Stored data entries
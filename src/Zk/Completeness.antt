-- ===== src/Zk/Completeness.antt =====
-- A tree holds the commitments that were inserted, each at its place, and proves each of them.
use mathlib.Core.List.{append-nil, append_assoc}
use zeno_final_code.Common.{
  sym, subst, ℕ, zero, suc, ◌+◌, ◌*◌, ◌^◌, ◌≤◌, ◌<◌, ◌≡◌, refl, ◌∙◌, true, false, some, List, [],
  ◌∷◌, length, ◌==◌, if◌then◌else◌, get_elem?, arith, length-append, ◌++◌, leb,
}
use zeno_final_code.TreeMap
use zeno_final_code.TreeMap.{TreeMap, pair_key, get-insert, compare_pair}
use zeno_final_code.Hash.{Hash32, Digests, bytes_eq_refl}
use zeno_final_code.Zk.{
  CommitmentTree, new_tree, commitment_tree_depth, node_at, insert, collect_siblings, climb,
  CommitmentMerkleProof, root, prove, verify_commitment_proof,
}
use zeno_final_code.Common.Results.{ok}
use zeno_final_code.Zk.Tree.{
  AreHashed, AreHashedBut, node_at-insert, update_path-AreHashed, update_path-leaf,
  new_tree-AreHashed, climb-collect_siblings, length-collect_siblings, halve-lt,
}

get_elem?-append :
    (cs : List Hash32) (c : Hash32) (i : ℕ)
    → get_elem? (cs ++ c ∷ []) i ≡ (if i == length cs then some c else get_elem? cs i)
get_elem?-append [] c zero = refl
get_elem?-append [] c (suc i) = ground arith
get_elem?-append (x ∷ cs) c zero = ground arith
get_elem?-append (x ∷ cs) c (suc i) = ground (arith, get_elem?-append cs c i)

get_elem?-lt : (cs : List Hash32) (i : ℕ) (c : Hash32) → get_elem? cs i ≡ some c → i < length cs
get_elem?-lt [] i c h = ground arith
get_elem?-lt (x ∷ cs) zero c h = omega arith
get_elem?-lt (x ∷ cs) (suc i) c h = omega (arith, get_elem?-lt cs i c h)

module _ (d : Digests) where
  -- The commitments, in the order in which they were inserted; an insertion into a full tree is
  -- refused.
  abbrev pub insert_all : List Hash32 → CommitmentTree → CommitmentTree
  insert_all [] tree = tree
  insert_all (c ∷ cs) tree = insert_all cs (insert d c tree).1

  -- What a tree that holds `cs` is.
  pub record Holds (cs : List Hash32) (tree : CommitmentTree) : Type 0 where
    pub hashed : AreHashed d tree.nodes
    pub counted : tree.leaf_count ≡ length cs
    pub leaves :
        (i : ℕ) (c : Hash32)
        → get_elem? cs i ≡ some c
        → node_at d tree.nodes commitment_tree_depth i ≡ c

  new_tree-Holds : Holds [] new_tree
  new_tree-Holds = record {
    hashed = new_tree-AreHashed d;
    counted = refl;
    leaves = λ i c h. ground arith;
  }

  insert-Holds :
      (cs : List Hash32) (c : Hash32) (tree : CommitmentTree)
      → Holds cs tree
      → length cs < 2 ^ commitment_tree_depth
      → Holds (cs ++ c ∷ []) (insert d c tree).1
  unfolding insert
  insert-Holds cs c tree w room =
      let n = tree.leaf_count in
      let nodes = TreeMap.insert (commitment_tree_depth, n) c tree.nodes in
      let free : leb (2 ^ commitment_tree_depth) n ≡ false = ground (arith, w.counted) in
      let but : AreHashedBut d commitment_tree_depth n nodes = λ e j lt out. ground (
        arith,
        w.hashed e j lt,
        node_at-insert d tree.nodes commitment_tree_depth n e j c,
        node_at-insert d tree.nodes commitment_tree_depth n (suc e) (j * 2) c,
        node_at-insert d tree.nodes commitment_tree_depth n (suc e) (j * 2 + 1) c,
      ) in
      rw (free, if◌then◌else◌)
        record {
          hashed = update_path-AreHashed d commitment_tree_depth n nodes but;
          counted = omega (arith, w.counted, length-append cs (c ∷ []));
          leaves = λ i v h.
              update_path-leaf d commitment_tree_depth n nodes i (omega arith)
              ∙ ground (
                arith,
                node_at-insert d tree.nodes commitment_tree_depth n commitment_tree_depth i c,
                get_elem?-append cs c i,
                w.counted,
                w.leaves i v,
              );
        }

  insert_all-Holds :
      (more cs : List Hash32) (tree : CommitmentTree)
      → Holds cs tree
      → length cs + length more ≤ 2 ^ commitment_tree_depth
      → Holds (cs ++ more) (insert_all more tree)
  insert_all-Holds [] cs tree w room = subst (λ l. Holds l tree) (sym (append-nil cs)) w
  insert_all-Holds (c ∷ more) cs tree w room =
      subst (λ l. Holds l (insert_all more (insert d c tree).1)) (append_assoc cs (c ∷ []) more)
        (insert_all-Holds more (cs ++ c ∷ []) (insert d c tree).1
          (insert-Holds cs c tree w (omega arith)) (omega (arith, length-append cs (c ∷ []))))

  -- For up to 2^32 commitments, inserted into an empty tree, the tree proves each of them at its
  -- place, and the proof is accepted against the root of the tree.
  pub prove-verify_commitment_proof :
      (cs : List Hash32) (i : ℕ) (c : Hash32)
      → length cs ≤ 2 ^ commitment_tree_depth
      → get_elem? cs i ≡ some c
      → let tree = insert_all cs new_tree in
        (p : CommitmentMerkleProof) × (prove d i tree ≡ ok p)
        × (p.commitment ≡ c)
        × (p.index ≡ i)
        × (verify_commitment_proof d p (root d tree) ≡ true)
  unfolding prove verify_commitment_proof root
  prove-verify_commitment_proof cs i c room found =
      let tree = insert_all cs new_tree in
      let w : Holds cs tree = insert_all-Holds cs [] new_tree new_tree-Holds (omega arith) in
      let small = get_elem?-lt cs i c found in
      let known : leb tree.leaf_count i ≡ false = ground (arith, w.counted) in
      let p : CommitmentMerkleProof = record {
        commitment = node_at d tree.nodes commitment_tree_depth i;
        index = i;
        siblings = collect_siblings d commitment_tree_depth i tree.nodes;
      } in
      let climbed : climb d i p.siblings p.commitment ≡ root d tree =
        climb-collect_siblings d commitment_tree_depth i tree.nodes w.hashed (omega arith)
        ∙ rw (halve-lt commitment_tree_depth i (omega arith)) refl in
      (
        p,
        rw (known) refl,
        w.leaves i c found,
        refl,
        rw (length-collect_siblings d commitment_tree_depth i tree.nodes, climbed)
            (bytes_eq_refl (root d tree)),
      )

## [PROBLEM REQUIREMENTS]
Write every entry out again exactly.

## [ANSWER TO THE EXERCISE]
filename src/Zk/Completeness.antt
-- ===== src/Zk/Completeness.antt =====
-- A tree holds the commitments that were inserted, each at its place, and proves each of them.
use mathlib.Core.List.{append-nil, append_assoc}
use zeno_final_code.Common.{
  sym, subst, ℕ, zero, suc, ◌+◌, ◌*◌, ◌^◌, ◌≤◌, ◌<◌, ◌≡◌, refl, ◌∙◌, true, false, some, List, [],
  ◌∷◌, length, ◌==◌, if◌then◌else◌, get_elem?, arith, length-append, ◌++◌, leb,
}
use zeno_final_code.TreeMap
use zeno_final_code.TreeMap.{TreeMap, pair_key, get-insert, compare_pair}
use zeno_final_code.Hash.{Hash32, Digests, bytes_eq_refl}
use zeno_final_code.Zk.{
  CommitmentTree, new_tree, commitment_tree_depth, node_at, insert, collect_siblings, climb,
  CommitmentMerkleProof, root, prove, verify_commitment_proof,
}
use zeno_final_code.Common.Results.{ok}
use zeno_final_code.Zk.Tree.{
  AreHashed, AreHashedBut, node_at-insert, update_path-AreHashed, update_path-leaf,
  new_tree-AreHashed, climb-collect_siblings, length-collect_siblings, halve-lt,
}

get_elem?-append :
    (cs : List Hash32) (c : Hash32) (i : ℕ)
    → get_elem? (cs ++ c ∷ []) i ≡ (if i == length cs then some c else get_elem? cs i)
get_elem?-append [] c zero = refl
get_elem?-append [] c (suc i) = ground arith
get_elem?-append (x ∷ cs) c zero = ground arith
get_elem?-append (x ∷ cs) c (suc i) = ground (arith, get_elem?-append cs c i)

get_elem?-lt : (cs : List Hash32) (i : ℕ) (c : Hash32) → get_elem? cs i ≡ some c → i < length cs
get_elem?-lt [] i c h = ground arith
get_elem?-lt (x ∷ cs) zero c h = omega arith
get_elem?-lt (x ∷ cs) (suc i) c h = omega (arith, get_elem?-lt cs i c h)

module _ (d : Digests) where
  -- The commitments, in the order in which they were inserted; an insertion into a full tree is
  -- refused.
  abbrev pub insert_all : List Hash32 → CommitmentTree → CommitmentTree
  insert_all [] tree = tree
  insert_all (c ∷ cs) tree = insert_all cs (insert d c tree).1

  -- What a tree that holds `cs` is.
  pub record Holds (cs : List Hash32) (tree : CommitmentTree) : Type 0 where
    pub hashed : AreHashed d tree.nodes
    pub counted : tree.leaf_count ≡ length cs
    pub leaves :
        (i : ℕ) (c : Hash32)
        → get_elem? cs i ≡ some c
        → node_at d tree.nodes commitment_tree_depth i ≡ c

  new_tree-Holds : Holds [] new_tree
  new_tree-Holds = record {
    hashed = new_tree-AreHashed d;
    counted = refl;
    leaves = λ i c h. ground arith;
  }

  insert-Holds :
      (cs : List Hash32) (c : Hash32) (tree : CommitmentTree)
      → Holds cs tree
      → length cs < 2 ^ commitment_tree_depth
      → Holds (cs ++ c ∷ []) (insert d c tree).1
  unfolding insert
  insert-Holds cs c tree w room =
      let n = tree.leaf_count in
      let nodes = TreeMap.insert (commitment_tree_depth, n) c tree.nodes in
      let free : leb (2 ^ commitment_tree_depth) n ≡ false = ground (arith, w.counted) in
      let but : AreHashedBut d commitment_tree_depth n nodes = λ e j lt out. ground (
        arith,
        w.hashed e j lt,
        node_at-insert d tree.nodes commitment_tree_depth n e j c,
        node_at-insert d tree.nodes commitment_tree_depth n (suc e) (j * 2) c,
        node_at-insert d tree.nodes commitment_tree_depth n (suc e) (j * 2 + 1) c,
      ) in
      rw (free, if◌then◌else◌)
        record {
          hashed = update_path-AreHashed d commitment_tree_depth n nodes but;
          counted = omega (arith, w.counted, length-append cs (c ∷ []));
          leaves = λ i v h.
              update_path-leaf d commitment_tree_depth n nodes i (omega arith)
              ∙ ground (
                arith,
                node_at-insert d tree.nodes commitment_tree_depth n commitment_tree_depth i c,
                get_elem?-append cs c i,
                w.counted,
                w.leaves i v,
              );
        }

  insert_all-Holds :
      (more cs : List Hash32) (tree : CommitmentTree)
      → Holds cs tree
      → length cs + length more ≤ 2 ^ commitment_tree_depth
      → Holds (cs ++ more) (insert_all more tree)
  insert_all-Holds [] cs tree w room = subst (λ l. Holds l tree) (sym (append-nil cs)) w
  insert_all-Holds (c ∷ more) cs tree w room =
      subst (λ l. Holds l (insert_all more (insert d c tree).1)) (append_assoc cs (c ∷ []) more)
        (insert_all-Holds more (cs ++ c ∷ []) (insert d c tree).1
          (insert-Holds cs c tree w (omega arith)) (omega (arith, length-append cs (c ∷ []))))

  -- For up to 2^32 commitments, inserted into an empty tree, the tree proves each of them at its
  -- place, and the proof is accepted against the root of the tree.
  pub prove-verify_commitment_proof :
      (cs : List Hash32) (i : ℕ) (c : Hash32)
      → length cs ≤ 2 ^ commitment_tree_depth
      → get_elem? cs i ≡ some c
      → let tree = insert_all cs new_tree in
        (p : CommitmentMerkleProof) × (prove d i tree ≡ ok p)
        × (p.commitment ≡ c)
        × (p.index ≡ i)
        × (verify_commitment_proof d p (root d tree) ≡ true)
  unfolding prove verify_commitment_proof root
  prove-verify_commitment_proof cs i c room found =
      let tree = insert_all cs new_tree in
      let w : Holds cs tree = insert_all-Holds cs [] new_tree new_tree-Holds (omega arith) in
      let small = get_elem?-lt cs i c found in
      let known : leb tree.leaf_count i ≡ false = ground (arith, w.counted) in
      let p : CommitmentMerkleProof = record {
        commitment = node_at d tree.nodes commitment_tree_depth i;
        index = i;
        siblings = collect_siblings d commitment_tree_depth i tree.nodes;
      } in
      let climbed : climb d i p.siblings p.commitment ≡ root d tree =
        climb-collect_siblings d commitment_tree_depth i tree.nodes w.hashed (omega arith)
        ∙ rw (halve-lt commitment_tree_depth i (omega arith)) refl in
      (
        p,
        rw (known) refl,
        w.leaves i c found,
        refl,
        rw (length-collect_siblings d commitment_tree_depth i tree.nodes, climbed)
            (bytes_eq_refl (root d tree)),
      )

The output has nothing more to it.